Separately to your fiction, you have created a wonderful compendium of non-fiction ‘Station Stories’ of vignettes and micro-stories inspired by your work as a station host at a Melbourne station host. How did ‘Station Stories’ start, and how do you see it as developing? Can you share with us one or two stories that stand out?

As a writer I’ve always wanted to celebrate everyday life – to make little photographs of it but with scents and sounds. Because everyday life is full of tiny transcendent jewel-like moments of delight and sorrow and interest. Fantasy writing doesn’t give you much scope for this. When I first started to work at a railway station (unfortunately my writing doesn’t pay the bills)I was delighted by all the little stories that played out on station platforms and kept a diary so that they wouldn’t be lost. Over time and with my discovery of social media these have metamorphosed into ‘Station Stories’. I really wrote them for my own pleasure. People tell me to look for a publisher for them and perhaps I will. But I already think of it as a small weekly column and I try to post one every weekend. I’d love to build up a following for them so that lots of people get this little story maybe on their mobiles maybe on Monday mornings as a bit of a sweetener. Without really planning it that seems to be what I’m working towards.
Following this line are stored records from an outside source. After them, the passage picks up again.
-- ===== src/RoundTrip/Arrays.antt =====
-- `fromPHP` and `toPHP` are inverse on PHP arrays that BSON can hold.
use dotdeb_php_mongodb.Prelude.{codes, Bool}
use dotdeb_php_mongodb.Php.{name, Zval, Table, empty, entry}
use dotdeb_php_mongodb.TypeMap.{TypeMap}
use dotdeb_php_mongodb.RoundTrip.Reads.{Reads}

-- The type map that asks for arrays everywhere.
abbrev pub native_typemap : Table
native_typemap = entry (name (codes "root")) (Zval.string (codes "array")) (
    entry (name (codes "document")) (Zval.string (codes "array"))
      (entry (name (codes "array")) (Zval.string (codes "array")) empty))
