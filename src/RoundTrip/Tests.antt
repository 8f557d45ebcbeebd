-- ===== src/RoundTrip/Tests.antt =====
-- Instances of the round trip.
use dotdeb_php_mongodb.Prelude.{pos, negsuc, codes, true}
use dotdeb_php_mongodb.Php.{index, name, objectid, Zval, Table, empty, entry}

abbrev numbers : Table
numbers =
    entry (index (pos 0)) (Zval.long (pos 5))
      (entry (index (pos 1)) (Zval.long (negsuc 4294967296)) empty)

-- A document with a list, an empty array, a nested document and an ObjectID in it.
abbrev order : Table
order = entry (name (codes "_id")) (Zval.bson (objectid (codes "0123456789ab"))) (
    entry (name (codes "items")) (Zval.array numbers) (
      entry (index (pos 7)) (Zval.array empty) (
        entry (name (codes "sub")) (Zval.array (entry (name (codes "ok")) (Zval.bool true) empty))
          empty)))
Here are two of my favourites.
A regular
G, one of our regulars is extremely disabled. He drives his wheelchair with a stick mounted on his head and communicates by tapping out words on a communicator. Were I so disabled, I think I’d be scared to leave the house, but G goes out to his job most days and has a busy social life. Recently I was tasteless enough to tease him about checking out the pretty girls. The way he tapped out “I’m engaged” and the dignified way he looked at me as it sounded out, made me feel rather small. Serves me right!
Yesterday he was waiting for a friend at the barriers and we got chatting. Hundreds of people headed for the Soundwave festival were going past and my task was to call out “Soundwave passengers – buses to the left!” at regular intervals.
I was startled to hear a little mechanical voice repeating my words. G had typed the words into his communicator and helpfully kept pressing the button at regular intervals until his friend arrived and he shot off in his wheel chair to greet him.

Station Heroics
Today the Crystal lady was in great distress (although not willing to miss her train) because she had dropped a container of freshly made organic peanut butter on the train tracks. I leapt in to help like the hero station host I am. Although these days railway employees are forbidden to enter the Pit (this is the evocative name we rail types use for the area of train track between the platforms) I do have a Scoopy Thing. This thing, created by some great hero station officer of times past,is a plastic milk bottle cut in half and attached to a pole. It enables me to fish all kinds of things – mostly mobile phones safely out of the Pit.
The ST performed admirably but to be honest, I’m not sure the Crystal Lady will want the peanut butter as the jar has a big germ emitting crack in it. Still that’s her decision for tomorrow.